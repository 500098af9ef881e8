-- ===== src/Macros/Copies/Digits.antt =====
-- The decimal digits of `__LINE__` and `__COUNTER__`, read back by the parser of #if numbers.
use co.Prelude.{
  ℕ, zero, suc, ◌+◌, ◌*◌, ◌/◌, ◌%◌, ◌^◌, ◌<◌, ◌≡◌, refl, ◌∙◌, true, [], ◌∷◌, Bytes, some, lt→ltb,
  ==_iff, subst, ap, sym, ◌==◌, arith, Bool-cases, inl, inr,
}
use co.Prelude.Outcome.{Yields}
use co.Conditionals.Tokenizer.{digit_value, digits_value}
use co.Conditionals.Word.{word_mod}
use co.Macros.Copies.{format_from, format}
use co.Utils.Classes.{is_digit}

digit_value_of : (d : ℕ) → d < 10 → digit_value (b'0' + d) ≡ d
unfolding digit_value is_digit
digit_value_of d h = ground arith

-- One more digit in front.
digits_value_cons :
    (n v : ℕ) (digits : Bytes)
    → n < word_mod
    → digits_value 10 n digits ≡ some v
    → digits_value 10 (n / 10) ((b'0' + n % 10) ∷ digits) ≡ some v
unfolding digits_value
digits_value_cons n v digits h e =
    let eq : n / 10 * 10 + n % 10 ≡ n = omega arith in
    rw (digit_value_of (n % 10) (omega arith))
      (rw (lt→ltb (n % 10) 10 (omega arith), eq, lt→ltb n word_mod h) e)

from_zero :
    (n v : ℕ) (digits : Bytes)
    → n ≡ 0
    → digits_value 10 n digits ≡ some v
    → digits_value 10 0 digits ≡ some v
from_zero n v digits z e = subst (λ m. digits_value 10 m digits ≡ some v) z e

is_zero : (n : ℕ) → n ≡ 0 → (n == 0) ≡ true
is_zero n h = ground arith

format_from-digits_value :
    (f n v : ℕ) (digits : Bytes)
    → n < 10 ^ f
    → n < word_mod
    → digits_value 10 n digits ≡ some v
    → Yields (λ s. digits_value 10 0 s ≡ some v) (format_from f n digits)
unfolding format_from
format_from-digits_value zero n v digits h k e =
    (digits, rw (is_zero n (omega arith)) refl, from_zero n v digits (omega arith) e)
format_from-digits_value (suc f) n v digits h k e = elim (Bool-cases (n == 0)) [
  | inl z ↦ (digits, rw (z, format_from) refl, from_zero n v digits ((==_iff n 0).0 z) e)
  | inr p ↦
      rw (p, format_from)
        (format_from-digits_value f (n / 10) v ((b'0' + n % 10) ∷ digits) (omega arith)
          (omega arith) (digits_value_cons n v digits k e))
]

zero_digit : digits_value 10 0 (b'0' ∷ []) ≡ some 0
unfolding digits_value digit_value is_digit
zero_digit = refl

-- The digits of a 64-bit number fit the buffer, and read back as the number.
pub format-digits_value :
    (n : ℕ) → n < word_mod → Yields (λ s. digits_value 10 0 s ≡ some n) (format n)
unfolding format digits_value
format-digits_value n h = elim (Bool-cases (n == 0)) [
  | inl z ↦ (b'0' ∷ [], rw (z, format) refl, zero_digit ∙ ap some (sym ((==_iff n 0).0 z)))
  | inr p ↦ rw (p, format) (format_from-digits_value 20 n n [] (omega arith) h refl)
]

- - -

Exercise brief:
Please go through the material and return each line where the word "Conditionals" appears.

Task output:
use co.Conditionals.Tokenizer.{digit_value, digits_value}
use co.Conditionals.Word.{word_mod}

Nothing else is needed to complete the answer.